Ilustrasi
Pertumbuhan ekonomi Indonesia minimal harus tumbuh 8 persen per tahun
(SPNEWS) Jakarta, Direktur Riset Center of Reform on Economics (CORE) Indonesia Piter Abdullah Redjalam menyebut Indonesia saat ini berada di puncak bonus demografi. Situasi itu harus dimanfaatkan oleh bangsa ini semaksimal mungkin agar kehadiran generasi produktif dan milenial itu menjadi kekuatan besar bagi bangsa.
Syaratnya, kata Piter Abdullah, Indonesia harus tumbuh rata-rata 8 persen setiap tahun. Sebab, jika pertumbuhan ekonomi Indonesia tidak bisa tumbuh dengan sedemikian tinggi, maka tidak bisa disebut bonus demografi, melainkan bencana demografi.
“Masyarakat kita didominasi oleh kelompok muda. Angkatannya masih milenial. Masih kuliah dan baru lulus. Kalau ekonomi kita tidak mampu tumbuh 8 persen setiap tahun maka setiap tahun akan menumpuk permasalahan. Penganggur baru menumpuk. Persoalan ini harus diselesaikan”, terang Piter dalam Webinar UU Cipta Kerja, (15/12/2020).

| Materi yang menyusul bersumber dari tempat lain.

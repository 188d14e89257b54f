-- ===== src/Markdown/Diff/Links.antt =====
-- What the plan of the diff links: new positions to old ones.
use any.Common.{
  ℕ, ◌<◌, Bool, true, List, Option, none, some, length, length-set, get_elem?-set, get_elem?, set,
  ◌==◌, if◌then◌else◌, ◌≡◌, ◌≢◌, sym, ap, ◌∙◌, arith, ◌⊎◌, inl, inr, Bool-cases,
}
use any.Markdown.Diff.{NewOp, keep, update, insert, Plan, link, is_used}

abbrev pub old_of : NewOp → Option ℕ
old_of (keep o) = some o
old_of (update o) = some o
old_of insert = none

-- the old position that a new one is linked to
abbrev pub linked : List NewOp → ℕ → Option ℕ
linked ops n = elim (get_elem? ops n) [ none ↦ none | some op ↦ old_of op ]

pub linked-set :
    (ops : List NewOp) (n : ℕ) (op : NewOp) (k : ℕ)
    → n < length ops
    → linked (set ops n op) k ≡ (if n == k then old_of op else linked ops k)
linked-set ops n op k h = ground (arith, get_elem?-set ops n op k h)

pub is_used-set :
    (used : List Bool) (o k : ℕ)
    → o < length used
    → is_used (set used o true) k ≡ (if o == k then true else is_used used k)
is_used-set used o k h = ground (arith, get_elem?-set used o true k h)

-- A plan for `m` old and `k` new blocks, on a test of an old and a new position: the links ascend on
-- both sides and lead into the old blocks, the used positions are the linked ones, and only positions
-- that agree are kept.
pub record IsPlanned (same : ℕ → ℕ → Bool) (m k : ℕ) (p : Plan) : Type 0 where
  pub news : length p.new_seq ≡ k
  pub olds : length p.old_used ≡ m
  pub ascends :
      (n n' o o' : ℕ)
      → linked p.new_seq n ≡ some o
      → linked p.new_seq n' ≡ some o'
      → n < n'
      → o < o'
  pub inside : (n o : ℕ) → linked p.new_seq n ≡ some o → o < m
  pub marked : (n o : ℕ) → linked p.new_seq n ≡ some o → is_used p.old_used o ≡ true
  pub owned : (o : ℕ) → is_used p.old_used o ≡ true → (n : ℕ) × (linked p.new_seq n ≡ some o)
  pub kept : (n o : ℕ) → get_elem? p.new_seq n ≡ some (keep o) → same o n ≡ true

-- a pair is before or behind every link on both sides
abbrev pub Fits : Plan → ℕ → ℕ → Type 0
Fits p o n =
    (n' o' : ℕ) → linked p.new_seq n' ≡ some o' → ((n' < n) × (o' < o)) ⊎ ((n < n') × (o < o'))

module _ (same : ℕ → ℕ → Bool) (m k : ℕ) (p : Plan) (planned : IsPlanned same m k p) (op : NewOp)
    (o n : ℕ) (is_link : old_of op ≡ some o) (is_old : o < m) (is_new : n < k) where
  fits_new : n < length p.new_seq
  fits_new = rw planned.news is_new

  fits_old : o < length p.old_used
  fits_old = rw planned.olds is_old

  -- The links of the plan with one more are that one and those before.
  pub linked-link :
      (n' o' : ℕ)
      → linked (link op o n p).new_seq n' ≡ some o'
      → ((n' ≡ n) × (o' ≡ o)) ⊎ (linked p.new_seq n' ≡ some o')
  unfolding link
  linked-link n' o' h = elim (Bool-cases (n == n')) [
    | inl e ↦ inl (ground arith, ground (arith, linked-set p.new_seq n op n' fits_new))
    | inr e ↦ inr (ground (arith, linked-set p.new_seq n op n' fits_new))
  ]

  pub linked-link_self : linked (link op o n p).new_seq n ≡ some o
  unfolding link
  linked-link_self = ground (arith, linked-set p.new_seq n op n fits_new)

  pub linked-link_other :
      (n' : ℕ) → n ≢ n' → linked (link op o n p).new_seq n' ≡ linked p.new_seq n'
  unfolding link
  linked-link_other n' h = ground (arith, linked-set p.new_seq n op n' fits_new)

  pub is_used-link_other :
      (o' : ℕ) → o ≢ o' → is_used (link op o n p).old_used o' ≡ is_used p.old_used o'
  unfolding link
  is_used-link_other o' h = ground (arith, is_used-set p.old_used o o' fits_old)

  is_used-link :
      (o' : ℕ)
      → is_used (link op o n p).old_used o' ≡ (if o == o' then true else is_used p.old_used o')
  unfolding link
  is_used-link o' = is_used-set p.old_used o o' fits_old

  get_elem?-link :
      (n' : ℕ)
      → get_elem? (link op o n p).new_seq n' ≡ (if n == n' then some op else get_elem? p.new_seq n')
  unfolding link
  get_elem?-link n' = get_elem?-set p.new_seq n op n' fits_new

  module _ (free : linked p.new_seq n ≡ none) (fits : Fits p o n)
      (honest : op ≡ keep o → same o n ≡ true) where
    link-ascends :
        (n' n'' o' o'' : ℕ)
        → linked (link op o n p).new_seq n' ≡ some o'
        → linked (link op o n p).new_seq n'' ≡ some o''
        → n' < n''
        → o' < o''
    link-ascends n' n'' o' o'' a b h = elim (linked-link n' o' a) [
      | inl (x, y) ↦ elim (linked-link n'' o'' b) [
        | inl (z, w) ↦ absurd (omega arith)
        | inr l ↦ elim (fits n'' o'' l) [
          | inl (u, v) ↦ absurd (omega arith)
          | inr (u, v) ↦ omega arith
        ]
      ]
      | inr l ↦ elim (linked-link n'' o'' b) [
        | inl (z, w) ↦ elim (fits n' o' l) [
          | inl (u, v) ↦ omega arith
          | inr (u, v) ↦ absurd (omega arith)
        ]
        | inr l' ↦ planned.ascends n' n'' o' o'' l l' h
      ]
    ]

    link-owned :
        (o' : ℕ)
        → is_used (link op o n p).old_used o' ≡ true
        → (n' : ℕ) × (linked (link op o n p).new_seq n' ≡ some o')
    link-owned o' h = elim (Bool-cases (o == o')) [
      | inl e ↦ let same_old : o ≡ o' = ground arith in (n, linked-link_self ∙ ap some same_old)
      | inr e ↦
          let apart : o ≢ o' = ground arith in
          let (n', l) = planned.owned o' (sym (is_used-link_other o' apart) ∙ h) in
          let elsewhere : n ≢ n' = (λ x. cc (free, ap (linked p.new_seq) x, l)) in
          (n', linked-link_other n' elsewhere ∙ l)
    ]

    link-kept :
        (n' o' : ℕ) → get_elem? (link op o n p).new_seq n' ≡ some (keep o') → same o' n' ≡ true
    link-kept n' o' h = elim (Bool-cases (n == n')) [
      | inl e ↦
          let here : n ≡ n' = ground arith in
          let is_op : op ≡ keep o' = ground (arith, get_elem?-link n') in
          let is_o : o ≡ o' = cc (is_link, ap old_of is_op) in
          cc (honest (is_op ∙ ap keep (sym is_o)), here, is_o)
      | inr e ↦ planned.kept n' o' (ground (arith, get_elem?-link n'))
    ]

    pub link-IsPlanned : IsPlanned same m k (link op o n p)
    link-IsPlanned = record {
      news = unfold link in length-set p.new_seq n op ∙ planned.news;
      olds = unfold link in length-set p.old_used o true ∙ planned.olds;
      ascends = link-ascends;
      inside = λ n' o' h. elim (linked-link n' o' h) [
        | inl (a, b) ↦ omega arith
        | inr l ↦ planned.inside n' o' l
      ];
      marked = λ n' o' h. elim (linked-link n' o' h) [
        | inl (a, b) ↦ ground (arith, is_used-link o')
        | inr l ↦ ground (arith, is_used-link o', planned.marked n' o' l)
      ];
      owned = link-owned;
      kept = link-kept;
    }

Apalagi menurut data yang dimilikinya angkatan kerja Indonesia terus bertambah sebanyak 3 juta per tahun. Dengan pertumbuhan ekonomi sekitar 5 persen, hanya bisa menyerap sekitar 1.250.000 angkatan kerja baru. Sebab, dari setiap 1 persen ekonomi hanya bisa menyerap pertumbuhan 250.000 angkatan kerja baru. Artinya ada 1.750.000 masyarakat Indonesia yang baru lulus kuliah dan lulus SMK tidak terserap.
Di sisi lain, kata Piter, Indonesia untuk bisa tumbuh rata-rata 6 persen atau 6,8 persen setiap tahun, Indonesia membutuhkan investasi yang sangat besar. Sementara, angka investasi yang masuk saat ini tidak cukup untuk mendongkrak mencapai tingkatan yang diharapkan. Baru rata-rata 6 sampai 7 persen per tahun.
Untuk keluar dari jebakan negara berpendapatan negara menengah, Indonesia harus tumbuh rata-rata 6,8 persen selama 10 tahun ke depan. Sementara dalam 10 tahun terakhir pertumbuhan ekonomi Indonesia tidak pernah bisa sampai pada 6 persen.
Ekonom dari Universitas Indonesia itu menyoroti, pemicu investasi di Indonesia tumbuh lambat. Menurut dia, ada banyak masalah. Di antaranya perizinan usaha atau investasi, pembebasan lahan, ketenagakerjaan, isu lingkungan, koordinasi pusat-daerah, inkonsistensi pejabat pemerintah, dan banyak hal lainnya.